An interesting finding was that the average proportion of total cells counted that were CD133+ cells in GBM which was greater than in AA. This may be associated with the higher histological grading of GBM, thus supporting studies that suggest CD133 expression can be used as a prognostic factor [3] though CD133 did not achieve prognostic significance in our study. It is possible that not all of the CD133+ cells counted will have been glioma CSC’s with positive staining also depending upon the oxygen concentration and expression of the glycosylated AC133 epitope at different stages of the cell cycle [5, 24, 32].

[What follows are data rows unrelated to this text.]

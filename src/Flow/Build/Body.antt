-- ===== src/Flow/Build/Body.antt =====
-- The graph of a body before its jumps are calibrated: the skeleton, and the reductions.
use aderyn.Prelude.{
  ℕ, ◌+◌, ◌<◌, ◌≤◌, inl, inr, true, false, none, some, [], ◌∷◌, ◌≡◌, refl, sym, ap, ◌∙◌, subst,
  arith, contains,
}
use aderyn.Prelude.Assoc.{lookup}
use aderyn.Flow.Ast.{Context, Block, block_id, block_node}
use aderyn.Flow.Node.{CfgNode, CfgStartNode, CfgEndNode, start_node, end_node, block, is_reducible}
use aderyn.Flow.Cfg.{Cfg, new, pure, ◌>>=◌, ◌>>◌, raw_successors, add_node, has_node}
use aderyn.Flow.Cfg.Returns.{Returns, Returns-bind, Returns-pure}
use aderyn.Flow.Cfg.Template.{Template, start_end, nodes_over, targets}
use aderyn.Flow.Cfg.Built.{Built, Built-empty, IsFresh}
use aderyn.Flow.Cfg.Rules.{build_node, build_edge, build_start_end}
use aderyn.Flow.Cfg.Edges.{edge}
use aderyn.Flow.Build.{skeleton}
use aderyn.Flow.Reduce.{reduce_all}
use aderyn.Flow.Reduce.Work.{IsClosed, cost_block}
use aderyn.Prelude.Leads.{Leads, here, step}
use aderyn.Flow.Reduce.Queue.{
  IsQueue, IsQueue-map, queue_work, nodes_over-inside, nodes_over-cases, nodes_over-IsQueue,
}
use aderyn.Flow.Reduce.Invariant.{IsReducing, node_at, targets-inside}
use aderyn.Flow.Reduce.Total.{IsSettled, reduce_all-Reduced}

abbrev pub body_template : CfgStartNode → CfgEndNode → ℕ → Template
body_template s e id = record {
  nodes = start_node s ∷ end_node e ∷ block id ∷ [];
  edges = (0, 2) ∷ (2, 1) ∷ [];
  pairs = (start_end, 0, 1) ∷ [];
}

pub new-IsFresh : IsFresh new
new-IsFresh = record { unused = λ k h. unfold lookup in refl; keyed = tt }

module _ (s : CfgStartNode) (e : CfgEndNode) (body : Block) where
  pub skeleton-Built :
      Returns
        (λ a h. (a ≡ (0, 1)) × Built new (body_template s e (block_id body)) h)
        (skeleton (add_node (start_node s)) (add_node (end_node e)) body new)
  unfolding skeleton
  skeleton-Built = build_node (Built-empty new new-IsFresh) _ _ λ _ b. build_node b _ _ λ _ b.
      build_start_end b 0 1 _ λ _ b.
        build_node b _ _
          λ _ b. build_edge b 0 2 _ λ _ b. build_edge b 2 1 _ λ _ b. Returns-pure _ _ (refl, b)

  module _ (h : Cfg) (b : Built new (body_template s e (block_id body)) h) where
    nodes_h : (k : ℕ) → node_at h k ≡ nodes_over 0 k (body_template s e (block_id body)).nodes none
    nodes_h k = b.nodes k ∙ unfold lookup in refl

    edges_h : (i j : ℕ) → edge h i j ≡ contains (targets 0 i ((0, 2) ∷ (2, 1) ∷ [])) j
    edges_h i j = ap (λ l. contains l j) (b.edges i) ∙ unfold raw_successors lookup in refl

    there : (k : ℕ) → k < 0 + 3 → has_node h k ≡ true
    there k l =
        rw (nodes_h k)
          (nodes_over-inside 0 k (body_template s e (block_id body)).nodes none (omega arith) l)

    pub Built-IsReducing : IsReducing h
    Built-IsReducing = record {
      fresh = b.fresh;
      own_ids = λ k node p.
          elim (nodes_over-cases 0 k (body_template s e (block_id body)).nodes none node
            (sym (nodes_h k) ∙ p)) [ inl old ↦ ground (arith, old) | inr (own, _) ↦ own ];
      attached = λ i j p.
          let ((_, x), (_, y)) =
            targets-inside 0 3 i j ((0, 2) ∷ (2, 1) ∷ [])
              ((omega arith, omega arith), ((omega arith, omega arith), tt))
              (sym (edges_h i j) ∙ p) in
          (there i x, there j y);
      queued =
          subst (λ q. IsQueue (node_at h) 0 h.next_available_id q) (sym b.queue)
            (subst (λ m. IsQueue (node_at h) 0 m (2 ∷ [])) (sym b.next)
              (IsQueue-map _ (node_at h) 3 0 (2 ∷ []) (λ k l u. nodes_h k)
                (nodes_over-IsQueue 0 (body_template s e (block_id body)).nodes (λ _. none))));
      complete = λ k node p r.
          elim (nodes_over-cases 0 k (body_template s e (block_id body)).nodes none node
            (sym (nodes_h k) ∙ p)) [
              | inl old ↦ ground (arith, old)
              | inr (_, f) ↦ rw b.queue (f r)
            ];
    }

    ends-IsSettled : IsSettled h 0 × IsSettled h 1
    ends-IsSettled = (
      (record { id = 0; nd = start_node s }, nodes_h 0 ∙ refl, refl),
      (record { id = 1; nd = end_node e }, nodes_h 1 ∙ refl, refl),
    )

    Built-Leads : Leads (edge h) 0 1
    Built-Leads = step {b = 2} (edges_h 0 2) (step (edges_h 2 1) here)

    queue_work-Built :
        (nodes : Context)
        → nodes (block_id body) ≡ some (block_node body)
        → queue_work nodes (node_at h) h.reduction_queue ≡ cost_block body
    queue_work-Built nodes held = rw (b.queue, nodes_h 2) (rw held (omega arith))

  -- What stands before the calibration: the ends are 0 and 1, no node is reducible, and the start leads
  -- to the end.
  pub record Assembled (ends : ℕ × ℕ) (h : Cfg) : Type 0 where
    pub ids : ends ≡ (0, 1)
    pub start_there : node_at h 0 ≡ some (record { id = 0; nd = start_node s })
    pub end_there : node_at h 1 ≡ some (record { id = 1; nd = end_node e })
    pub settled : (k : ℕ) (node : CfgNode) → node_at h k ≡ some node → is_reducible node.nd ≡ false
    pub attached : (a b : ℕ) → edge h a b ≡ true → (has_node h a ≡ true) × (has_node h b ≡ true)
    pub leads : Leads (edge h) 0 1

  -- Over an AST that is closed under taking children and that has the body, and with as much fuel as the
  -- body has reducible statements, itself included, the skeleton of a body and then the loop over the
  -- reduction queue return. The ends of the graph are the nodes 0 and 1, no node is reducible, each edge
  -- joins two nodes, and there is a path from the start to the end.
  pub assemble_body-Assembled :
      (nodes : Context) (fuel : ℕ)
      → IsClosed nodes
      → nodes (block_id body) ≡ some (block_node body)
      → cost_block body ≤ fuel
      → Returns Assembled (
          (skeleton (add_node (start_node s)) (add_node (end_node e)) body >>= λ ends.
          reduce_all fuel nodes >> pure ends)
            new)
  assemble_body-Assembled nodes fuel closed held enough =
      Returns-bind _ _ _ skeleton-Built λ ends g (ids, b).
        let (start, finish) = ends-IsSettled g b in
        Returns-bind _ _ _
          (reduce_all-Reduced nodes closed fuel g (Built-IsReducing g b)
            (rw (queue_work-Built g b nodes held) enough))
          λ _ h r. Returns-pure _ _ (record {
            ids = ids;
            start_there =
                r.kept 0 (record { id = 0; nd = start_node s }) (nodes_h g b 0 ∙ refl) refl;
            end_there = r.kept 1 (record { id = 1; nd = end_node e }) (nodes_h g b 1 ∙ refl) refl;
            settled = r.settled;
            attached = r.reducing.attached;
            leads = r.leads 0 1 start finish (Built-Leads g b);
          })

Some CD31 and CD105 endothelial cells co-expressed CD133, as part of the vessel wall or as single cells. CSC’s in GBM tumours are suggested to be able to produce differentiated neoplastic endothelial cells, forming part of the hyperplastic GBM vasculature [39]. Our work suggests that this phenomenon may also exist in paediatric HGG and contributes to the development of tumour-associated vasculature in children.

This study demonstrates that CD105 positive vessels have a significant role in the biology of pHGG and exert an influence over prognosis even in a heterogeneously treated cohort. Expression of different levels of CD105 by tumours is associated with wider changes in gene expression, allowing the identification of novel genes not previously implicated in CNS tumour angiogenesis. One possible explanation for the prognostic influence of CD105 is through its role in developing the microvascular niche in which stem-like cancer cells preferentially inhabit. Our data provide evidence that this supportive micro-environment may be preferentially found in the proximity of CD105 positive vessels as opposed to blood vessels stained by other endothelial markers. This suggests that CD105 or other components of the TGF beta pathways may be potential therapeutic targets for the treatment of pHGG. Future studies of the HGG microvascular niche should focus on the environs of CD105+ vessels and their interplay with, and possible development from, CD133+ tumour cells.